Bolehkah Suami Mengaqiqahi Istri?
Dalil pelaksanaan aqiqah salah satunya adalah hadist Rasulullah SAW sebagai berikut:
Dari Salman Bin Amir Adh-Dhabi berkata: “Rasulullah SAW bersabda: Bersamaan dengan anak terdapat hak untuk diaqiqahi maka tumpahkanlah darah untuknya (dengan menyembelih binatang aqiqah) dan buanglah penyakit darinya (dengan mencukur rambut kepalanya)”. (HR. Abu Dawud)
Menurut hadist diatas, pelaksanaan aqiqah merupakan hak bagi setiap anak yang harus ditunaikan oleh orang tua. Dalam riwayat lain juga disebutkan bahwa aqiqah sebagai tebusan atas tergadainya sang bayi dengan menyembelih hewan aqiqah pada hari ketujuh kelahiran. Namun bagaimana jika karena satu atau beberapa hal menyebabkan orang tua tidak mengaqiqahi anaknya? Apabila sang anak telah menikah, apakah perintah mengaqiqahi akan menjadi tanggung jawab sang suami? Apakah boleh suami mengaqiqahi istrinya?

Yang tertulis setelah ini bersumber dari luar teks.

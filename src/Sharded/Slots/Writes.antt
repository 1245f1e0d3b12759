-- ===== src/Sharded/Slots/Writes.antt =====
-- What a slot holds after a write to the vector.
use test_thread_safe_lru_cac.Base.{
  ℕ, ◌≡◌, ◌<◌, Option, List, [], ◌∷◌, ◌++◌, ◌==◌, if◌then◌else◌, is_some, true, arith, length, set,
  get_elem?-set, get_elem?-append_last, lt_of_get_elem?,
}
use test_thread_safe_lru_cac.Store.{Node}
use test_thread_safe_lru_cac.Sharded.Slots.{slot}

module _ {K V : Type 0} (nodes : List (Option (Node K V))) where
  pub lt_of_slot : (i : ℕ) → is_some (slot nodes i) ≡ true → i < length nodes
  unfolding slot
  lt_of_slot i h = ground (arith, lt_of_get_elem? nodes i)

  pub slot-set :
      (i : ℕ) (o : Option (Node K V)) (j : ℕ)
      → i < length nodes
      → slot (set nodes i o) j ≡ (if i == j then o else slot nodes j)
  unfolding slot
  slot-set i o j h = ground (arith, get_elem?-set nodes i j o h)

  pub slot-append_last :
      (o : Option (Node K V)) (j : ℕ)
      → slot (nodes ++ o ∷ []) j ≡ (if length nodes == j then o else slot nodes j)
  unfolding slot
  slot-append_last o j = ground (arith, get_elem?-append_last nodes o j)
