-- ===== src/Sharded/Slots/Links.antt =====
-- Writes of one link in the slot array, at an optional index.
use test_thread_safe_lru_cac.Base.{
  ℕ, ◌≡◌, refl, true, Option, none, some, List, ◌==◌, if◌then◌else◌, is_some, arith, length, set,
  length-set, Option-cases, inl, inr,
}
use test_thread_safe_lru_cac.Chain.{is_at}
use test_thread_safe_lru_cac.Store.{Node, with_prev, with_next, joined, fronted, backed}
use test_thread_safe_lru_cac.Sharded.Slots.{slot}
use test_thread_safe_lru_cac.Sharded.Slots.Writes.{slot-set, lt_of_slot}

abbrev pub Nodes : Type 0 → Type 0 → Type 0
Nodes K V = List (Option (Node K V))

module _ {K V : Type 0} where
  abbrev pub write_at : Nodes K V → ℕ → Option (Node K V) → Nodes K V
  write_at nodes i none = nodes
  write_at nodes i (some n) = set nodes i (some n)

  abbrev pub write_next : Nodes K V → Option ℕ → Option ℕ → Nodes K V
  write_next nodes none q = nodes
  write_next nodes (some i) q = write_at nodes i (with_next q (slot nodes i))

  abbrev pub write_prev : Nodes K V → Option ℕ → Option ℕ → Nodes K V
  write_prev nodes none p = nodes
  write_prev nodes (some i) p = write_at nodes i (with_prev p (slot nodes i))

  -- The index, if there is one, is that of an occupied slot.
  abbrev pub LiveAt : Nodes K V → Option ℕ → Type 0
  LiveAt nodes none = Unit
  LiveAt nodes (some i) = is_some (slot nodes i) ≡ true

  pub length-write_at :
      (nodes : Nodes K V) (i : ℕ) (o : Option (Node K V))
      → length (write_at nodes i o) ≡ length nodes
  length-write_at nodes i none = refl
  length-write_at nodes i (some n) = length-set nodes i (some n)

  pub slot-write_next :
      (nodes : Nodes K V) (p q : Option ℕ) (b : ℕ)
      → slot (write_next nodes p q) b
        ≡ (if is_at p b then with_next q (slot nodes b) else slot nodes b)
  slot-write_next nodes none q b = refl
  slot-write_next nodes (some i) q b = elim (Option-cases (slot nodes i)) [
    | inl e ↦ ground arith
    | inr (n, e) ↦
        ground (arith, slot-set nodes i (with_next q (slot nodes i)) b (lt_of_slot nodes i (rw e)))
  ]

  pub slot-write_prev :
      (nodes : Nodes K V) (q p : Option ℕ) (b : ℕ)
      → slot (write_prev nodes q p) b
        ≡ (if is_at q b then with_prev p (slot nodes b) else slot nodes b)
  slot-write_prev nodes none p b = refl
  slot-write_prev nodes (some i) p b = elim (Option-cases (slot nodes i)) [
    | inl e ↦ ground arith
    | inr (n, e) ↦
        ground (arith, slot-set nodes i (with_prev p (slot nodes i)) b (lt_of_slot nodes i (rw e)))
  ]

  pub length-write_next :
      (nodes : Nodes K V) (p q : Option ℕ) → length (write_next nodes p q) ≡ length nodes
  length-write_next nodes none q = refl
  length-write_next nodes (some i) q = length-write_at nodes i _

  pub length-write_prev :
      (nodes : Nodes K V) (q p : Option ℕ) → length (write_prev nodes q p) ≡ length nodes
  length-write_prev nodes none p = refl
  length-write_prev nodes (some i) p = length-write_at nodes i _

  -- Both neighbours of a node joined.
  abbrev pub join_nodes : Nodes K V → Option ℕ → Option ℕ → Nodes K V
  join_nodes nodes p q = write_prev (write_next nodes p q) q p

  pub slot-join_nodes :
      (nodes : Nodes K V) (p q : Option ℕ) (b : ℕ)
      → slot (join_nodes nodes p q) b ≡ joined p q (slot nodes) b
  slot-join_nodes nodes p q b =
      rw (slot-write_prev (write_next nodes p q) q p b, slot-write_next nodes p q b)

  pub length-join_nodes :
      (nodes : Nodes K V) (p q : Option ℕ) → length (join_nodes nodes p q) ≡ length nodes
  length-join_nodes nodes p q =
      rw (length-write_prev (write_next nodes p q) q p, length-write_next nodes p q)

  -- A node written before the head.
  abbrev pub front_nodes : Nodes K V → ℕ → Option ℕ → Nodes K V
  front_nodes nodes i h =
      let ns = write_prev nodes h (some i) in
      write_at ns i (with_prev none (with_next h (slot ns i)))

  -- A node written behind the tail.
  abbrev pub back_nodes : Nodes K V → ℕ → Option ℕ → Nodes K V
  back_nodes nodes i t =
      let ns = write_next nodes t (some i) in
      write_at ns i (with_prev t (with_next none (slot ns i)))

  pub slot-write_at :
      (nodes : Nodes K V) (i : ℕ) (o : Option (Node K V)) (b : ℕ)
      → is_some (slot nodes i) ≡ true
      → is_some o ≡ true
      → slot (write_at nodes i o) b ≡ (if i == b then o else slot nodes b)
  slot-write_at nodes i none b h k = ground arith
  slot-write_at nodes i (some n) b h k = slot-set nodes i (some n) b (lt_of_slot nodes i h)

  pub slot-front_nodes :
      (nodes : Nodes K V) (i : ℕ) (h : Option ℕ) (b : ℕ)
      → is_some (slot nodes i) ≡ true
      → slot (front_nodes nodes i h) b ≡ fronted i h (slot nodes) b
  slot-front_nodes nodes i h b live = ground (
    arith,
    slot-write_prev nodes h (some i) i,
    slot-write_prev nodes h (some i) b,
    slot-write_at (write_prev nodes h (some i)) i
        (with_prev none (with_next h (slot (write_prev nodes h (some i)) i))) b,
  )

  pub slot-back_nodes :
      (nodes : Nodes K V) (i : ℕ) (t : Option ℕ) (b : ℕ)
      → is_some (slot nodes i) ≡ true
      → slot (back_nodes nodes i t) b ≡ backed i t (slot nodes) b
  slot-back_nodes nodes i t b live = ground (
    arith,
    slot-write_next nodes t (some i) i,
    slot-write_next nodes t (some i) b,
    slot-write_at (write_next nodes t (some i)) i
        (with_prev t (with_next none (slot (write_next nodes t (some i)) i))) b,
  )

  pub length-front_nodes :
      (nodes : Nodes K V) (i : ℕ) (h : Option ℕ) → length (front_nodes nodes i h) ≡ length nodes
  length-front_nodes nodes i h =
      rw
        (length-write_at (write_prev nodes h (some i)) i
          (with_prev none (with_next h (slot (write_prev nodes h (some i)) i))))
        (length-write_prev nodes h (some i))

  pub length-back_nodes :
      (nodes : Nodes K V) (i : ℕ) (t : Option ℕ) → length (back_nodes nodes i t) ≡ length nodes
  length-back_nodes nodes i t =
      rw
        (length-write_at (write_next nodes t (some i)) i
          (with_prev t (with_next none (slot (write_next nodes t (some i)) i))))
        (length-write_next nodes t (some i))
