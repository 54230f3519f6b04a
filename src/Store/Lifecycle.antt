-- ===== src/Store/Lifecycle.antt =====
-- store/store.service.ts: the status of a stored session, from the lobby to its end.
use Prim.Native.Nat.{ℕ}
use gdm_platform.Common.{
  Text, Text-eq, List, [], ◌∷◌, Option, none, some, Bool, true, false, if◌then◌else◌, ◌==◌, leb,
  length, get, first_some, or_else, JsMap, map_values, is_some,
}
use gdm_platform.Shared.Timestamp.{Timestamp}
use gdm_platform.Shared.Number.{Number}
use gdm_platform.Shared.Models.{Session, SessionStatus, Condition}
use gdm_platform.Shared.Dto.{CheckpointSessionRequest}
use gdm_platform.Participation.Compensation.{EnvNumber}
use gdm_platform.Checkpoint.Merge.{merge_checkpoint_into_session}
use gdm_platform.Store.State.{StoreState}
use gdm_platform.Store.Forming.{new_forming_session}
use gdm_platform.Store.Rounds.{current_round}
use gdm_platform.Store.Lookup.{is_running}
use gdm_platform.Store.Seats.{set_session, change_stored}

pub record LifecyclePatch : Type 0 where
  pub status : Option SessionStatus
  pub room_id : Option Text
  pub started_at : Option Timestamp
  pub completed_at : Option Timestamp

-- `priorStatus` of an aborted lobby.
pub data LobbyStatus : Type 0 where
  waiting provisioning : LobbyStatus

pub record AbortedLobby : Type 0 where
  pub id : Text
  pub created_at : Timestamp
  pub participant_count : ℕ
  pub prior_status : LobbyStatus

abbrev pub lobby_status : SessionStatus → Option LobbyStatus
lobby_status SessionStatus.waiting = some LobbyStatus.waiting
lobby_status SessionStatus.provisioning = some LobbyStatus.provisioning
lobby_status _ = none

-- Which lobbies are aborted: the waiting ones, or those that are past their deadline.
pub data Aborting : Type 0 where
  all_waiting : Aborting
  expired : (now : ℕ) → Aborting

-- `waitingDeadlineAt` is set and not after `now`; a date that is NaN is not after it.
abbrev pub is_overdue : ℕ → Option Timestamp → Bool
is_overdue now none = false
is_overdue now (some deadline) = elim deadline.time [ none ↦ true | some ms ↦ leb ms now ]

abbrev pub is_provisioning : SessionStatus → Bool
is_provisioning SessionStatus.provisioning = true
is_provisioning _ = false

-- The status after a claim.
abbrev pub claimed : SessionStatus → SessionStatus
claimed SessionStatus.waiting = SessionStatus.provisioning
claimed status = status

abbrev pub is_room : Text → Option Text → Bool
is_room room_id none = false
is_room room_id (some room) = room == room_id

module _ {N : Type 0} where
  -- `undefined` leaves a field as it is.
  unfoldable pub patched : LifecyclePatch → Session N → Session N
  patched patch session = record session {
    status = or_else patch.status session.status;
    room_id = first_some patch.room_id session.room_id;
    started_at = first_some patch.started_at session.started_at;
    completed_at = first_some patch.completed_at session.completed_at;
  }

  unfoldable pub update_session_lifecycle :
      StoreState N → Text → LifecyclePatch → Option (StoreState N)
  unfolding patched change_stored
  update_session_lifecycle st id patch = change_stored st id (patched patch)

  unfoldable pub claim_session_provisioning : StoreState N → Text → StoreState N × Bool
  claim_session_provisioning st id = elim (get id st.sessions) [
    | none ↦ (st, false)
    | some session ↦ (
      set_session st id (record session { status = claimed session.status }),
      is_provisioning (claimed session.status),
    )
  ]

  unfoldable pub finish_session_provisioning :
      StoreState N → Text → Text → Timestamp → StoreState N × Bool
  finish_session_provisioning st id room_id started_at = elim (get id st.sessions) [
    | none ↦ (st, false)
    | some session ↦
        if is_running session.status
        then (st, is_room room_id session.room_id)
        else (if is_provisioning session.status
            then (
              set_session st id (record session {
                room_id = some room_id;
                status = SessionStatus.running;
                started_at = some started_at;
              }),
              true,
            )
            else (st, false))
  ]

  unfoldable pub save_session : StoreState N → Session N → StoreState N
  save_session st session = set_session st session.id session

  unfoldable pub save_runtime_checkpoint :
      StoreState N → Text → CheckpointSessionRequest N → Option (StoreState N)
  unfolding change_stored
  save_runtime_checkpoint st session_id checkpoint =
      change_stored st session_id (λ stored. merge_checkpoint_into_session stored checkpoint)

  -- The prior status of a session that is aborted.
  unfoldable pub aborts : Aborting → Session N → Option LobbyStatus
  aborts all_waiting session = elim session.status [
    | SessionStatus.waiting ↦ some LobbyStatus.waiting
    | _ ↦ none
  ]
  aborts (expired now) session =
      if is_overdue now session.waiting_deadline_at then lobby_status session.status else none

  abbrev pub aborted_lobby : Session N → LobbyStatus → AbortedLobby
  aborted_lobby session prior_status = record {
    id = session.id;
    created_at = session.created_at;
    participant_count = length session.participants;
    prior_status = prior_status;
  }

  abbrev pub abort_session : Session N → Session N
  abort_session session = record session { status = SessionStatus.aborted }

  -- The body of the loop of `abortLobbies`, and the list that the loop fills.
  unfoldable pub abort_if_due : Aborting → Session N → Session N
  unfolding aborts
  abort_if_due aborting s = if is_some (aborts aborting s) then abort_session s else s

  unfoldable pub aborted_each : Aborting → JsMap Text (Session N) → List AbortedLobby
  unfolding aborts
  aborted_each aborting [] = []
  aborted_each aborting ((k, s) ∷ m) =
      let rest = aborted_each aborting m in
      elim (aborts aborting s) [ none ↦ rest | some prior ↦ aborted_lobby s prior ∷ rest ]

  unfoldable pub abort_lobbies : StoreState N → Aborting → StoreState N × List AbortedLobby
  unfolding abort_if_due aborted_each
  abort_lobbies st aborting = (
    record st { sessions = map_values (abort_if_due aborting) st.sessions },
    aborted_each aborting st.sessions,
  )

module _ {N : Type 0} ⦃n : Number N⦄ where
  unfoldable pub create_forming :
      StoreState N → EnvNumber → Text → (ℕ → ℕ) → Condition N → ℕ → StoreState N × Session N
  unfolding current_round new_forming_session save_session
  create_forming st waiting_env id pick_index condition now =
      let (st', round) = current_round st now in
      let session = new_forming_session waiting_env id pick_index condition round.id now in
      (save_session st' session, session)
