-- ===== src/Store/Settings.antt =====
-- store/store.service.ts: the study settings and the conditions in memory.
use gdm_platform.Common.{Text, Text-eq, List, [], ◌∷◌, Option, none, some, ◌==◌, if◌then◌else◌}
use gdm_platform.Shared.Words.{trim}
use gdm_platform.Shared.Number.{Number}
use gdm_platform.Shared.Models.{StudySettings, Condition}
use gdm_platform.Store.State.{StoreState}
use gdm_platform.Store.Conditions.{ConditionInput, normalize_condition}

-- `Partial<StudySettings>`: `none` where the value is missing or no text.
pub record SettingsPatch : Type 0 where
  pub compensation_url : Option Text
  pub no_consent_url : Option Text
  pub ineligible_url : Option Text
  pub withdrawal_url : Option Text
  pub unmatched_url : Option Text
  pub technical_failure_url : Option Text

abbrev trimmed_or : Option Text → Text → Text
trimmed_or none old = old
trimmed_or (some value) old = trim value

-- `conditions[idx] = next` of the first condition with the id, else `conditions.push(next)`.
abbrev pub replace_condition : {N : Type 0} → Condition N → List (Condition N) → List (Condition N)
replace_condition next [] = next ∷ []
replace_condition next (c ∷ cs) =
    if c.id == next.id then next ∷ cs else c ∷ replace_condition next cs

module _ {N : Type 0} where
  unfoldable pub list_conditions : StoreState N → List (Condition N)
  list_conditions st = st.conditions

  unfoldable pub get_study_settings : StoreState N → StudySettings
  get_study_settings st = st.memory_settings

  unfoldable pub update_study_settings : StoreState N → SettingsPatch → StoreState N × StudySettings
  unfolding trim
  update_study_settings st patch = (record st { memory_settings = settings }, settings)
    where
      settings : StudySettings
      settings = record {
        compensation_url = trimmed_or patch.compensation_url st.memory_settings.compensation_url;
        no_consent_url = trimmed_or patch.no_consent_url st.memory_settings.no_consent_url;
        ineligible_url = trimmed_or patch.ineligible_url st.memory_settings.ineligible_url;
        withdrawal_url = trimmed_or patch.withdrawal_url st.memory_settings.withdrawal_url;
        unmatched_url = trimmed_or patch.unmatched_url st.memory_settings.unmatched_url;
        technical_failure_url =
            trimmed_or patch.technical_failure_url st.memory_settings.technical_failure_url;
      }

module _ {N : Type 0} ⦃n : Number N⦄ where
  unfoldable pub upsert_condition : StoreState N → ConditionInput N → StoreState N × Condition N
  unfolding normalize_condition
  upsert_condition st condition =
      let next = normalize_condition condition in
      (record st { conditions = replace_condition next st.conditions }, next)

Hukum Suami Mengaqiqahi Istri
Menjadi pertanyaan yang sering muncul dalam masyarakat mengenai hukum suami mengaqiqahi istrinya. Para ulama juga berbeda pendapat menanggapi hal ini, karena masalah hukum suami mengaqiqahi istri hampir sama dengan hukum aqiqah untuk diri sendiri. Ada ulama yang berpendapat bahwa hukum suami mengaqiqahi istri dianjurkan, ada juga yang memperbolehkan dan ada yang berpendapat tidak perlu karena perintah aqiqah turun untuk dilaksanakan oleh orang tua sang bayi dan apabila terlambat tidak diaqiqahi maka gugur sunnah aqiqah.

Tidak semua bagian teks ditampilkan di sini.